§ **What is required**: In the entries that follow, find every line containing "zero" and copy it.

(Beginning of Records shown)

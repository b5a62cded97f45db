-- ===== src/Session/Database/Remove.antt =====
-- `Database.delete` and `delete_sub_tree`: what is gone afterwards, and what stays.
use mathlib.Core.List.{append_assoc}
use idpy_oidc.Base.{
  ℕ, zero, suc, ◌≡◌, ◌≢◌, refl, sym, ap, ◌∙◌, inl, inr, true, Option, none, some, List, [], ◌∷◌,
  ◌++◌, String, eq_iff, arith, contains, Outcome, ok, err, ◌>>=◌, >>=-eq_ok, ok_inj, Bool-cases,
}
use idpy_oidc.Dict
use idpy_oidc.Dict.{get-put, get-delete}
use idpy_oidc.Dict.Keys.{get-delete_self, get-delete_ne}
use idpy_oidc.Session.Database.{
  Db, Node, NodeInfo, info, leaf, Error, key_error, get, del_item, each, below, or_key_error,
  delete_sub_tree, keys_up, climb, visit, unlinked, delete, remove_subordinate,
}
use idpy_oidc.Session.Database.Key.{branch_key}

module _ (j : String) where
  abbrev Gone : Db → Type 0
  Gone db = Dict.get db j ≡ none

  -- A method that puts no new key in.
  abbrev Keeps : (Db → Outcome Error Db) → Type 0
  Keeps f = (db db' : Db) → f db ≡ ok db' → Gone db → Gone db'

  delete-Gone : (k : String) (db : Db) → Gone db → Gone (Dict.delete db k)
  delete-Gone k db g = rw (get-delete db k j) (ground arith)

  del_item-Keeps : (k : String) → Keeps (del_item k)
  unfolding del_item
  del_item-Keeps k db db' h g = elim (Bool-cases (Dict.contains_key db k)) [
    | inl e ↦ rw (sym (ok_inj (rw e at h))) (delete-Gone k db g)
    | inr e ↦ absurd (ground arith)
  ]

  each-Keeps :
      (f : String → Db → Outcome Error Db)
      → ((k : String) → Keeps (f k))
      → (ks : List String) → Keeps (each f ks)
  unfolding each
  each-Keeps f kf [] db db' h g = rw (sym (ok_inj h)) g
  each-Keeps f kf (k ∷ ks) db db' h g =
      let (d, e, h') = >>=-eq_ok (f k db) (each f ks) h in
      each-Keeps f kf ks d db' h' (kf k db d e g)

  below-Keeps :
      (f : String → Db → Outcome Error Db)
      → ((k : String) → Keeps (f k))
      → (n : Node) → Keeps (below f n)
  below-Keeps f kf (leaf x) db db' h g = rw (sym (ok_inj h)) g
  below-Keeps f kf (info n) db db' h g = each-Keeps f kf n.subordinate db db' h g

  delete_sub_tree-Keeps : (depth : ℕ) (k : String) → Keeps (delete_sub_tree depth k)
  unfolding delete_sub_tree
  delete_sub_tree-Keeps zero k db db' h g = absurd (ground arith)
  delete_sub_tree-Keeps (suc depth) k db db' h g =
      let (n, e, h') = >>=-eq_ok (or_key_error (Dict.get db k)) _ h in
      let (d, e', h'') = >>=-eq_ok (below (delete_sub_tree depth) n db) _ h' in
      del_item-Keeps k d db' h''
        (below-Keeps (delete_sub_tree depth) (delete_sub_tree-Keeps depth) n db d e' g)

  put-Gone :
      (k : String) (n m : Node) (db : Db)
      → Dict.get db k ≡ some m
      → Gone db
      → Gone (Dict.put db k n)
  put-Gone k n m db e g = rw (get-put db k j n) (ground (arith, eq_iff k j))

  unlinked-Keeps :
      (next : Db → Outcome Error Db) (k : String) (n m : NodeInfo) (db db' : Db)
      → Keeps next
      → Dict.get db k ≡ some (info m)
      → unlinked next k n db ≡ ok db'
      → Gone db
      → Gone db'
  unfolding unlinked
  unlinked-Keeps next k n m db db' kn e h g = go n.subordinate h
    where
      go :
          (l : List String)
          → (elim l [
            | [] ↦ del_item k (Dict.put db k (info n)) >>= next
            | s ∷ ss ↦ ok (Dict.put db k (info n))
          ])
            ≡ ok db'
          → Gone db'
      go [] h' =
          let (d, p, q) = >>=-eq_ok (del_item k (Dict.put db k (info n))) next h' in
          kn d db' q
            (del_item-Keeps k (Dict.put db k (info n)) d p (put-Gone k (info n) (info m) db e g))
      go (x ∷ xs) h' = rw (sym (ok_inj h')) (put-Gone k (info n) (info m) db e g)

  visit-Keeps :
      (depth : ℕ) (next : Db → Outcome Error Db) (k : String) (o : Option Node)
      (sub : Option String) (db db' : Db)
      → Keeps next
      → Dict.get db k ≡ o
      → visit depth next k o sub db ≡ ok db'
      → Gone db
      → Gone db'
  unfolding visit
  visit-Keeps depth next k none sub db db' kn e h g = kn db db' h g
  visit-Keeps depth next k (some (leaf x)) (some s) db db' kn e h g = absurd (ground arith)
  visit-Keeps depth next k (some (info n)) (some s) db db' kn e h g =
      elim (Bool-cases (contains s n.subordinate)) [
        | inl c ↦ unlinked-Keeps next k (remove_subordinate n s) n db db' kn e (rw c at h) g
        | inr c ↦ kn db db' (rw c at h) g
      ]
  visit-Keeps depth next k (some node) none db db' kn e h g =
      let (d, p, h') = >>=-eq_ok (below (delete_sub_tree depth) node db) _ h in
      let (d', q, h'') = >>=-eq_ok (del_item k d) next h' in
      kn d' db' h'' (
        del_item-Keeps k d d' q
          (below-Keeps (delete_sub_tree depth) (delete_sub_tree-Keeps depth) node db d p g))

  climb-Keeps : (depth : ℕ) (ks : List String) (sub : Option String) → Keeps (climb depth ks sub)
  unfolding climb
  climb-Keeps depth [] sub db db' h g = rw (sym (ok_inj h)) g
  climb-Keeps depth (k ∷ ks) sub db db' h g =
      visit-Keeps depth (climb depth ks (some k)) k (Dict.get db k) sub db db'
        (climb-Keeps depth ks (some k)) refl h g

keys_up-head :
    (above : List String) (x : String) (xs acc : List String)
    → (rest : List String) × (keys_up above (x ∷ xs) acc ≡ branch_key (above ++ x ∷ xs) ∷ rest)
unfolding keys_up
keys_up-head above x [] acc = (acc, refl)
keys_up-head above x (y ∷ ys) acc =
    let (rest, e) = keys_up-head (above ++ x ∷ []) y ys (branch_key (above ++ x ∷ []) ∷ acc) in
    (rest, e ∙ ap (λ zs. branch_key zs ∷ rest) (append_assoc above (x ∷ []) (y ∷ ys)))

-- The first round, at the leaf, leaves no node there.
visit-leaf :
    (depth : ℕ) (next : Db → Outcome Error Db) (k : String) (o : Option Node) (db db' : Db)
    → Keeps k next
    → Dict.get db k ≡ o
    → visit depth next k o none db ≡ ok db'
    → Dict.get db' k ≡ none
unfolding visit del_item
visit-leaf depth next k none db db' kn e h = kn db db' h e
visit-leaf depth next k (some node) db db' kn e h =
    let (d, p, h') = >>=-eq_ok (below (delete_sub_tree depth) node db) _ h in
    let (d', q, h'') = >>=-eq_ok (del_item k d) next h' in
    kn d' db' h'' (elim (Bool-cases (Dict.contains_key d k)) [
      | inl c ↦ rw (sym (ok_inj (rw c at q))) (get-delete_self d k)
      | inr c ↦ absurd (ground arith)
    ])

climb-leaf :
    (depth : ℕ) (ks : List String) (k : String) (rest : List String) (db db' : Db)
    → ks ≡ k ∷ rest
    → climb depth ks none db ≡ ok db'
    → Dict.get db' k ≡ none
climb-leaf depth ks k rest db db' e h =
    let h' : climb depth (k ∷ rest) none db ≡ ok db' = rw e at h in
    visit-leaf depth (climb depth rest (some k)) k (Dict.get db k) db db'
      (climb-Keeps k depth rest (some k)) refl (unfold climb in h')

-- When `delete` returns, and the root of the path was there, the node at the end of the path is gone.
pub get-delete_path :
    (depth : ℕ) (x : String) (xs : List String) (db : Db) {db' : Db}
    → Dict.contains_key db x ≡ true
    → delete depth (x ∷ xs) db ≡ ok db'
    → get (x ∷ xs) db' ≡ err key_error
unfolding delete del_item get branch_key
get-delete_path depth x [] db {db'} here h = rw (sym (ok_inj (rw here at h)), get-delete_self db x)
get-delete_path depth x (y ∷ ys) db {db'} here h =
    let (rest, e) = keys_up-head [] x (y ∷ ys) [] in
    rw (climb-leaf depth _ _ rest db db' e (rw here at h))

-- A path of one name: `delete`, where it returns, changes no entry but that of the root; the
-- nodes that the root lists stay in the database.
pub delete_root_only :
    (depth : ℕ) (x j : String) (db : Db) {db' : Db}
    → delete depth (x ∷ []) db ≡ ok db'
    → x ≢ j
    → Dict.get db' j ≡ Dict.get db j
unfolding delete del_item
delete_root_only depth x j db {db'} h ne = elim (Bool-cases (Dict.contains_key db x)) [
  | inl e ↦ rw (sym (ok_inj (rw e at h))) (get-delete_ne db x j ne)
  | inr e ↦ rw (sym (ok_inj (rw e at h)))
]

(End of Records shown)

§ **Result**:
  ℕ, zero, suc, ◌≡◌, ◌≢◌, refl, sym, ap, ◌∙◌, inl, inr, true, Option, none, some, List, [], ◌∷◌,
  delete_sub_tree-Keeps zero k db db' h g = absurd (ground arith)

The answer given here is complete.